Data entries
-- ===== src/PartTokens.antt =====
-- core/part_token.go: tokens for an amount, and a token split into parts. A value is a number of
-- thousandths, to which the program rounds.
pub mod Split
pub mod Adding
pub mod Gather
use rubixgoplatform.Prelude.{
  ℕ, zero, suc, ◌+◌, ◌*◌, ◌-◌, ◌/◌, ◌%◌, List, [], ◌∷◌, ◌++◌, Option, some, none, Bool, true, false,
  ◌==◌, ltb, leb, if◌then◌else◌, not, ◌&&◌,
}
use rubixgoplatform.Storage.Rows.{Table}
use rubixgoplatform.Storage.Effects.{
  Result, ok, err, Error, Exec, pure, raise, ◌>>=◌, ◌>>◌, rescue, quietly, no_records, insufficient,
  split_error, nil_pointer,
}
use rubixgoplatform.Wallet.Token.{
  Token, key, with_status, token_is_free, token_is_locked, token_is_burnt, whole_value,
}
use rubixgoplatform.Wallet.Tokens.{
  create_token, get_token, get_whole_tokens, get_tokens_by_limit, get_closer_token,
}
use rubixgoplatform.Wallet.Release.{release_token, release_tokens, update_token}

-- What the work on the token chains comes to in one split. `parent` reads the parents in the genesis
-- block of the token, of the type of parts or not; `child` makes the token of a part, by its number
-- and its value, and its first block; `burn` adds the block that burns the token.
pub record ChainWork : Type 0 where
  pub parent : Bool → Result (Unit {0})
  pub child : ℕ → ℕ → Result ℕ
  pub burn : Bool → List ℕ → Result (Unit {0})

-- The sum of the parts, which may not pass the value on the way.
unfoldable pub split_sum : ℕ → ℕ → List ℕ → Option ℕ
split_sum value amount [] = some amount
split_sum value amount (p ∷ parts) =
    let rest = split_sum value (amount + p) parts in if ltb value (amount + p) then none else rest

abbrev pub lift : {S A : Type 0} → Result A → Exec S A
lift r d = (r, d)

-- The part tokens from number `i` on.
unfoldable pub make_children : {S : Type 0} → ChainWork → ℕ → List ℕ → Exec S (List ℕ)
make_children w i [] = pure []
make_children w i (p ∷ parts) = do
  id ← lift (w.child i p)
  ids ← make_children w (suc i) parts
  pure (id ∷ ids)

-- The row of a part.
abbrev pub part_row : ℕ → ℕ → ℕ → ℕ → Token
part_row did parent id value = record {
  token_id = id;
  parent_token_id = parent;
  token_value = value;
  did = did;
  token_status = token_is_free;
  token_state_hash = 0;
  transaction_id = 0;
  added = false;
}

-- The first part of `pt` whose value is `rem`, and the others.
unfoldable pub find_exact : ℕ → List Token → Option (Token × List Token)
find_exact rem [] = none
find_exact rem (t ∷ ts) =
    let rest = find_exact rem ts in
    if t.token_value == rem
    then some (t, ts)
    else elim rest [ none ↦ none | some z ↦ some (z.0, t ∷ z.1) ]

-- The parts that fit, one after the other, what is still to find, and the parts that do not fit.
unfoldable pub fit_loop : ℕ → List Token → List Token × ℕ × List Token
fit_loop rem [] = ([], rem, [])
fit_loop rem (t ∷ ts) =
    if leb t.token_value rem
    then (let (wt, left, rpt) = fit_loop (rem - t.token_value) ts in (t ∷ wt, left, rpt))
    else (let (wt, left, rpt) = fit_loop rem ts in (wt, left, t ∷ rpt))

module _ (g : Table Token key) where
  unfoldable pub create_parts : ℕ → ℕ → List ℕ → List ℕ → Exec g.Db (List Token)
  create_parts did parent ids [] = pure []
  create_parts did parent [] (p ∷ parts) = raise nil_pointer
  create_parts did parent (id ∷ ids) (p ∷ parts) = do
    create_token g (part_row did parent id p)
    npt ← create_parts did parent ids parts
    pure (part_row did parent id p ∷ npt)

  -- `createPartToken` after its first call, with the token that is locked now.
  unfoldable pub split_token : ChainWork → ℕ → Token → ℕ → List ℕ → Exec g.Db (List Token)
  unfolding create_parts make_children split_sum
  split_token w did t tkn parts =
      let is_part = not (t.parent_token_id == 0) && ltb t.token_value whole_value in
      elim (split_sum t.token_value 0 parts) [
        | none ↦ raise split_error
        | some amount ↦
            if amount == t.token_value
            then (do
              lift (w.parent is_part)
              pts ← make_children w 0 parts
              lift (w.burn is_part pts)
              npt ← create_parts did tkn pts parts
              update_token g (with_status token_is_burnt t)
              pure npt)
            else raise split_error
      ]

  -- `createPartToken`. On an error after the token is locked, it is released.
  unfoldable pub create_part_token : Bool → ChainWork → ℕ → ℕ → List ℕ → Exec g.Db (List Token)
  unfolding split_token
  create_part_token dc w did tkn parts =
      if dc
      then (do
        t ← rescue (get_token g tkn token_is_free) (λ e. raise split_error)
        rescue (split_token w did t tkn parts) (λ e. quietly (release_token g tkn) >> raise e))
      else raise split_error

  -- The first new part is locked and added to the tokens.
  unfoldable pub add_part : List Token → List Token → Exec g.Db (List Token)
  add_part wt [] = raise nil_pointer
  add_part wt (n ∷ npt) =
      quietly (update_token g (with_status token_is_locked n))
      >> pure (wt ++ with_status token_is_locked n ∷ [])

  module _ (dc : Bool) (w : ChainWork) (did : ℕ) where
    -- `GetTokens` where there are no parts to take: a token is split.
    unfoldable pub split_closer : List Token → ℕ → Exec g.Db (List Token)
    unfolding add_part create_part_token
    split_closer wt rem =
        if leb whole_value rem then quietly (release_tokens g wt) >> raise insufficient else (do
          t ← rescue (get_closer_token g did rem) (λ e. quietly (release_tokens g wt) >> raise e)
          quietly (release_token g t.token_id)
          npt ←
              rescue (create_part_token dc w did t.token_id (rem ∷ (t.token_value - rem) ∷ []))
                (λ e. quietly (release_tokens g wt) >> raise e)
          add_part wt npt)

    -- A part that does not fit is split for the rest.
    unfoldable pub split_part : List Token → ℕ → Token → List Token → Exec g.Db (List Token)
    unfolding add_part create_part_token
    split_part wt rem t rpt = do
      quietly (release_token g t.token_id)
      npt ←
          rescue (create_part_token dc w did t.token_id (rem ∷ (t.token_value - rem) ∷ []))
            (λ e. quietly (release_tokens g wt) >> quietly (release_tokens g (t ∷ rpt)) >> raise e)
      quietly (release_tokens g (t ∷ rpt))
      add_part wt npt

    -- Another token is split for the rest.
    unfoldable pub split_last : List Token → ℕ → Token → Exec g.Db (List Token)
    unfolding add_part create_part_token
    split_last wt rem t = do
      quietly (release_token g t.token_id)
      npt ← rescue (create_part_token dc w did t.token_id (rem ∷ (t.token_value - rem) ∷ [])) (λ e.
          quietly (release_tokens g wt)
          >> quietly (release_token g t.token_id)
          >> raise split_error)
      add_part wt npt

    -- All parts are taken. Where no token is found, fewer are returned than were asked for.
    unfoldable pub last_closer : List Token → ℕ → Result Token → Exec g.Db (List Token)
    unfolding split_last
    last_closer wt rem (ok t) = split_last wt rem t
    last_closer wt rem (err no_records) = pure wt
    last_closer wt rem (err e) = quietly (release_tokens g wt) >> raise e

    unfoldable pub fit_parts : List Token → List Token × ℕ × List Token → Exec g.Db (List Token)
    unfolding split_part last_closer
    fit_parts wt (taken, rem, rpt) =
        if rem == 0 then quietly (release_tokens g rpt) >> pure (wt ++ taken) else elim rpt [
          | [] ↦ (λ d.
              let (r, d') = get_closer_token g did rem d in last_closer (wt ++ taken) rem r d')
          | t ∷ ts ↦ split_part (wt ++ taken) rem t ts
        ]

    -- With the parts that are locked.
    unfoldable pub take_parts : List Token → ℕ → List Token → Exec g.Db (List Token)
    unfolding fit_parts find_exact fit_loop
    take_parts wt rem pt = elim (if ltb rem whole_value then find_exact rem pt else none) [
      | some z ↦ quietly (release_tokens g z.1) >> pure (wt ++ z.0 ∷ [])
      | none ↦ fit_parts wt (fit_loop rem pt)
    ]

    unfoldable pub with_parts : List Token → ℕ → Result (List Token) → Exec g.Db (List Token)
    unfolding take_parts split_closer
    with_parts wt rem (err e) = split_closer wt rem
    with_parts wt rem (ok []) = split_closer wt rem
    with_parts wt rem (ok (t ∷ pt)) = take_parts wt rem (t ∷ pt)

    -- `GetTokens`.
    unfoldable pub core_get_tokens : ℕ → ℕ → Exec g.Db (List Token)
    unfolding with_parts
    core_get_tokens value mode = do
      (wt, rem_whole) ←
          (if value / whole_value == 0
            then pure ([], 0)
            else get_whole_tokens g did (value / whole_value) mode)
      let rem = value % whole_value + whole_value * rem_whole
      if rem == 0
          then pure wt
          else (λ d. let (r, d') = get_tokens_by_limit g did rem d in with_parts wt rem r d')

WORK TASK
Among the entries above, the line containing "unfoldable pub with_parts", the line containing "(if value / whole_value == 0", and all lines between them are to be restated word for word; nothing else belongs in the reply.

SOLUTION TO THIS EXERCISE
    unfoldable pub with_parts : List Token → ℕ → Result (List Token) → Exec g.Db (List Token)
    unfolding take_parts split_closer
    with_parts wt rem (err e) = split_closer wt rem
    with_parts wt rem (ok []) = split_closer wt rem
    with_parts wt rem (ok (t ∷ pt)) = take_parts wt rem (t ∷ pt)

    -- `GetTokens`.
    unfoldable pub core_get_tokens : ℕ → ℕ → Exec g.Db (List Token)
    unfolding with_parts
    core_get_tokens value mode = do
      (wt, rem_whole) ←
          (if value / whole_value == 0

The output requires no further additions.